In der Schweiz besitzt die überwiegende Mehrheit der einheimischen Familien ein eigenes Familienwappen.
«Der Anteil der Familien mit Wappen ist je nach Kanton unterschiedlich, aber immer hoch. Im Kanton Freiburg haben 80 bis 90 Prozent der Familien ein eigenes Wappen», sagt Heribert Bielmann, Präsident des Freiburger Instituts für Heraldik und GenealogieExterner Link.

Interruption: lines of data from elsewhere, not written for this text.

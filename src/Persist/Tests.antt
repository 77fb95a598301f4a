-- ===== src/Persist/Tests.antt =====
-- Runs on a list of two remembered buses.
use vanilla_bus.Prelude.{◌≡◌, List, [], ◌∷◌, none, Text, codes, All}
use vanilla_bus.Prelude.Int.{pos}
use vanilla_bus.Prelude.Assoc.{IsDistinct}
use vanilla_bus.Engine.Value.{Value, integral, number, string, array, object, item, nil, field, end}
use vanilla_bus.Persist.Samples.{
  two_buses, two_buses-IsHints, saved, saved-IsSnapshot, saved-IsTidy,
}
use vanilla_bus.Persist.Sanitize.{sanitize_persist}
use vanilla_bus.Persist.Hints.{upsert_bus_hint, merge_remembered_names}
use vanilla_bus.Persist.Bounds.{IsHints}
use vanilla_bus.Persist.Sound.{IsSnapshot, sanitize_persist-IsSnapshot}
use vanilla_bus.Persist.Build.{of_snapshot}
use vanilla_bus.Persist.Restore.{sanitize_persist-of_snapshot}
use vanilla_bus.Persist.Hints.Upsert.{upsert_bus_hint-IsHints}
use vanilla_bus.Persist.Hints.Merge.{Offered, merge_remembered_names-Offered}

-- a file with a bus that has no name, and a window that the view does not offer
abbrev damaged : Value
damaged = object (
    field (codes "buses") (array (item (object (field (codes "name") (string []) end)) nil)) (
      field (codes "graph") (object (field (codes "windowSec") (number (integral (pos 31))) end))
        end))

sanitize_persist-IsSnapshot_example : IsSnapshot (sanitize_persist damaged)
sanitize_persist-IsSnapshot_example = sanitize_persist-IsSnapshot damaged

upsert_bus_hint-IsHints_example : IsHints (upsert_bus_hint two_buses (codes " can1 ") none)
upsert_bus_hint-IsHints_example =
    upsert_bus_hint-IsHints two_buses (codes " can1 ") none two_buses-IsHints

abbrev merged_names : List Text
merged_names = merge_remembered_names (codes "vcan0" ∷ []) two_buses (codes "can2")

merge_remembered_names-Offered_example :
    IsDistinct merged_names
    × All (Offered merged_names) (codes "vcan0" ∷ [])
    × All (Offered merged_names) (codes "vcan0" ∷ codes "can1" ∷ [])
    × Offered merged_names (codes "can2")
merge_remembered_names-Offered_example =
    merge_remembered_names-Offered (codes "vcan0" ∷ []) two_buses (codes "can2")

sanitize_persist-of_snapshot_example : sanitize_persist (of_snapshot saved) ≡ saved
sanitize_persist-of_snapshot_example =
    sanitize_persist-of_snapshot saved saved-IsSnapshot saved-IsTidy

Vom Ritter zum einfachen Volk
Die Heraldik hat ihren Ursprung im Mittelalter, als Wappen «als Unterscheidungsmerkmale der durch ihre Rüstung unkenntlich gewordenen Ritter» nötig wurden, wie das Historische Lexikon der Schweiz festhältExterner Link.
Im Lauf der Jahrhunderte breitete sich der Brauch auf andere Gesellschaftsschichten aus und erreichte schliesslich auch das gemeine Volk.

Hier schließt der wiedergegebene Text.